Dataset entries
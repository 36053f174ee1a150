-- ===== src/Tests/Backend.antt =====
-- The local backend on an empty disk: objects, parts and their joining.
use pyupload_x.Sdk.Multipart.{part_body}
use pyupload_x.Base.{
  ℕ, ◌≤◌, ◌≡◌, refl, true, false, Option, none, some, List, [], ◌∷◌, arith, All, contains, range,
  Text, codes, text_eq, utf8_width, utf8_length,
}
use pyupload_x.Errors.{ok}
use pyupload_x.Storage.{Bytes, StoredObject, StoredPart}
use pyupload_x.Storage.Chunks.{concat, IsChunk, chunk_bytes}
use pyupload_x.Storage.FileSystem.{FilePath, file_at, is_under, Disk}
use pyupload_x.Storage.FileSystem.Writes.{view}
use pyupload_x.Storage.Local.{local_storage}
use pyupload_x.Storage.Local.Paths.{LocalStorageConfig, object_path, parts_dir, upload_dir}
use pyupload_x.Storage.Local.Keys.{object_path-injective, IsName}
use pyupload_x.Storage.Local.Listing.{sorted_parts}
use pyupload_x.Storage.Local.Objects.{put_object, get_object, object_chunks}
use pyupload_x.Storage.Local.Objects.Outcome.{Puts, put_object-Puts}
use pyupload_x.Storage.Local.Objects.Reading.{object_chunks-AreSlice}
use pyupload_x.Storage.Local.Objects.Refines.{
  ObjectCall, put, remove, run_call, run_calls, effects, run_calls-effects,
}
use pyupload_x.Storage.Local.Multipart.{complete_multipart_upload, upload_part}
use pyupload_x.Storage.Local.Multipart.Parts.{Uploads, stored_part, upload_part-Uploads}
use pyupload_x.Storage.Local.Multipart.Joined.{stored_numbers, joined, Joins, complete-Joins}
use pyupload_x.Storage.Local.Multipart.RoundTrip.{send_parts, complete-send_parts}
use pyupload_x.Paths.{normalize_relative_path}

abbrev config : LocalStorageConfig
config = record { root_path = codes "o" ∷ []; multipart_path = codes "m" ∷ [] }

-- a digest that gives the bytes themselves
abbrev digest : Bytes → Text
digest b = b

abbrev empty : Disk
empty = record { nodes = []; faults = [] }

abbrev object : FilePath
object = codes "o" ∷ codes "b" ∷ codes "a" ∷ codes "c" ∷ []

object_found : object_path config (codes "b") (codes "a/c") ≡ ok object
unfolding local_storage
object_found = refl

put_object-Puts_example :
    Puts digest
      (7 ∷ 8 ∷ [])
      none
      object
      (view empty)
      (put_object config digest (codes "b") (codes "a/c") (7 ∷ 8 ∷ []) none none empty)
put_object-Puts_example =
    put_object-Puts config digest (codes "b") (codes "a/c") (7 ∷ 8 ∷ []) none none object empty
      object_found (λ e. cc)

-- The write of the temporary file fails, and the old object stays.
abbrev stored : Disk
stored = (put_object config digest (codes "b") (codes "a/c") (7 ∷ 8 ∷ []) none none empty).1

put_fails :
    get_object config
      (codes "b")
      (codes "a/c")
      0
      none
      (put_object config digest
        (codes "b")
        (codes "a/c")
        (9 ∷ [])
        none
        none
        (record stored { faults = some 0 ∷ [] })).1
    ≡ ok (7 ∷ 8 ∷ [])
unfolding local_storage
put_fails = refl

object_there : file_at object stored.nodes ≡ some (7 ∷ 8 ∷ [])
unfolding local_storage
object_there = refl

object_chunks-AreSlice_example :
    (chunks : List Bytes) × (object_chunks config (codes "b") (codes "a/c") 1 (some 5) stored
      ≡ ok chunks)
    × All (IsChunk chunk_bytes) chunks
    × (concat chunks ≡ 8 ∷ [])
object_chunks-AreSlice_example =
    object_chunks-AreSlice config (codes "b") (codes "a/c") 1 (some 5) stored object (7 ∷ 8 ∷ [])
      object_found object_there

abbrev calls : List ObjectCall
calls =
    put (codes "b") (codes "a/c") (7 ∷ []) none none
    ∷ put (codes "b") (codes "d") (8 ∷ []) none none
    ∷ remove (codes "b") (codes "d")
    ∷ []

abbrev or_empty : Option Disk → Disk
or_empty none = empty
or_empty (some d) = d

abbrev ran : Disk
ran = or_empty (run_calls config digest calls empty)

calls_run : run_calls config digest calls empty ≡ some ran
unfolding local_storage run_calls run_call
calls_run = refl

run_calls-effects_example : view ran object ≡ effects config digest object calls none
unfolding local_storage
run_calls-effects_example =
    run_calls-effects config digest object calls empty ran (λ e. cc, (λ e. cc, (tt, tt))) refl
      calls_run

parts_found : parts_dir config (codes "u") ≡ ok (codes "m" ∷ codes "u" ∷ codes "parts" ∷ [])
unfolding local_storage
parts_found = refl

upload_found : upload_dir config (codes "u") ≡ ok (codes "m" ∷ codes "u" ∷ [])
unfolding local_storage
upload_found = refl

-- three bytes in parts of two, the second sent first, and twice
abbrev sent : Disk
sent = or_empty (send_parts config digest (codes "u") 2 (7 ∷ 8 ∷ 9 ∷ []) (2 ∷ 1 ∷ 2 ∷ []) empty)

all_sent :
    send_parts config digest (codes "u") 2 (7 ∷ 8 ∷ 9 ∷ []) (2 ∷ 1 ∷ 2 ∷ []) empty ≡ some sent
unfolding local_storage send_parts part_body
all_sent = refl

upload_part-Uploads_example :
    Uploads digest 1
      (7 ∷ 8 ∷ [])
      2
      (codes "m" ∷ codes "u" ∷ codes "parts" ∷ codes "00000001.part" ∷ [])
      (view sent)
      (upload_part config digest (codes "u") 1 (7 ∷ 8 ∷ []) 2 sent)
unfolding local_storage
upload_part-Uploads_example =
    upload_part-Uploads config digest (codes "u") 1 (7 ∷ 8 ∷ []) 2
      (codes "m" ∷ codes "u" ∷ codes "parts" ∷ []) sent parts_found

-- The backend lists the parts in the order of their numbers, and the client may give them in any.
two_parts : List StoredPart
two_parts = stored_part digest 2 (9 ∷ []) ∷ stored_part digest 1 (7 ∷ 8 ∷ []) ∷ []

complete-Joins_example :
    Joins digest
      (codes "m" ∷ codes "u" ∷ [])
      object
      (joined
        (view sent)
        (codes "m" ∷ codes "u" ∷ codes "parts" ∷ [])
        (stored_numbers (sorted_parts two_parts)))
      (view sent)
      (complete_multipart_upload config digest (codes "b") (codes "a/c") (codes "u") two_parts sent)
unfolding local_storage
complete-Joins_example =
    complete-Joins config digest (codes "b") (codes "a/c") (codes "u") two_parts object
      (codes "m" ∷ codes "u" ∷ codes "parts" ∷ []) (codes "m" ∷ codes "u" ∷ []) sent object_found
      parts_found upload_found (λ e. cc) refl

described : StoredObject
described = record {
  bucket = codes "b";
  object_key = codes "a/c";
  size_bytes = 3;
  etag = some (7 ∷ 8 ∷ 9 ∷ []);
}

abbrev whole : Disk
whole =
    (complete_multipart_upload config digest (codes "b") (codes "a/c") (codes "u") two_parts sent).1

completed :
    complete_multipart_upload config digest (codes "b") (codes "a/c") (codes "u") two_parts sent
    ≡ (ok described, whole)
unfolding local_storage send_parts part_body two_parts described
completed = refl

one_to_two : (n : ℕ) → 1 ≤ n → n ≤ 2 → contains n (2 ∷ 1 ∷ 2 ∷ []) ≡ true
one_to_two n low high = ground arith

complete-send_parts_example :
    (get_object config (codes "b") (codes "a/c") 1 none whole ≡ ok (8 ∷ 9 ∷ []))
    × (described.size_bytes ≡ 3)
    × (described.etag ≡ some (7 ∷ 8 ∷ 9 ∷ []))
complete-send_parts_example =
    complete-send_parts config digest (codes "b") (codes "a/c") (codes "u") object
      (codes "m" ∷ codes "u" ∷ codes "parts" ∷ []) (codes "m" ∷ codes "u" ∷ []) 2 2 (7 ∷ 8 ∷ 9 ∷ [])
      (2 ∷ 1 ∷ 2 ∷ []) two_parts empty sent whole described 1 none object_found parts_found
      upload_found (λ e. cc) apart (omega arith) one_to_two all_sent sorted completed
  where
    apart : is_under (codes "m" ∷ codes "u" ∷ []) object ≡ false
    apart = unfold is_under text_eq in refl

    sorted : stored_numbers (sorted_parts two_parts) ≡ range 1 2
    sorted = unfold sorted_parts two_parts in refl

object_path-injective_example :
    (is_under (codes "o" ∷ codes "b" ∷ []) object ≡ true)
    × (codes "b" ≡ codes "b")
    × (codes "a/c" ≡ codes "a/c")
unfolding text_eq normalize_relative_path utf8_length utf8_width
object_path-injective_example =
    object_path-injective config (refl, tt) (λ s. s) 8 64 (codes "a/./c") (codes "a//c")
      (codes "a/c") (codes "a/c") (codes "b") (codes "b") object named named dotted doubled
      object_found object_found
  where
    named : IsName (codes "b")
    named = (refl, refl, refl)

    dotted : normalize_relative_path (λ s. s) 8 64 (codes "a/./c") ≡ ok (codes "a/c")
    dotted = refl

    doubled : normalize_relative_path (λ s. s) 8 64 (codes "a//c") ≡ ok (codes "a/c")
    doubled = refl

Exercise aim
Lines in the data containing the string "nodes" are to be counted; give that number alone.

Solution
2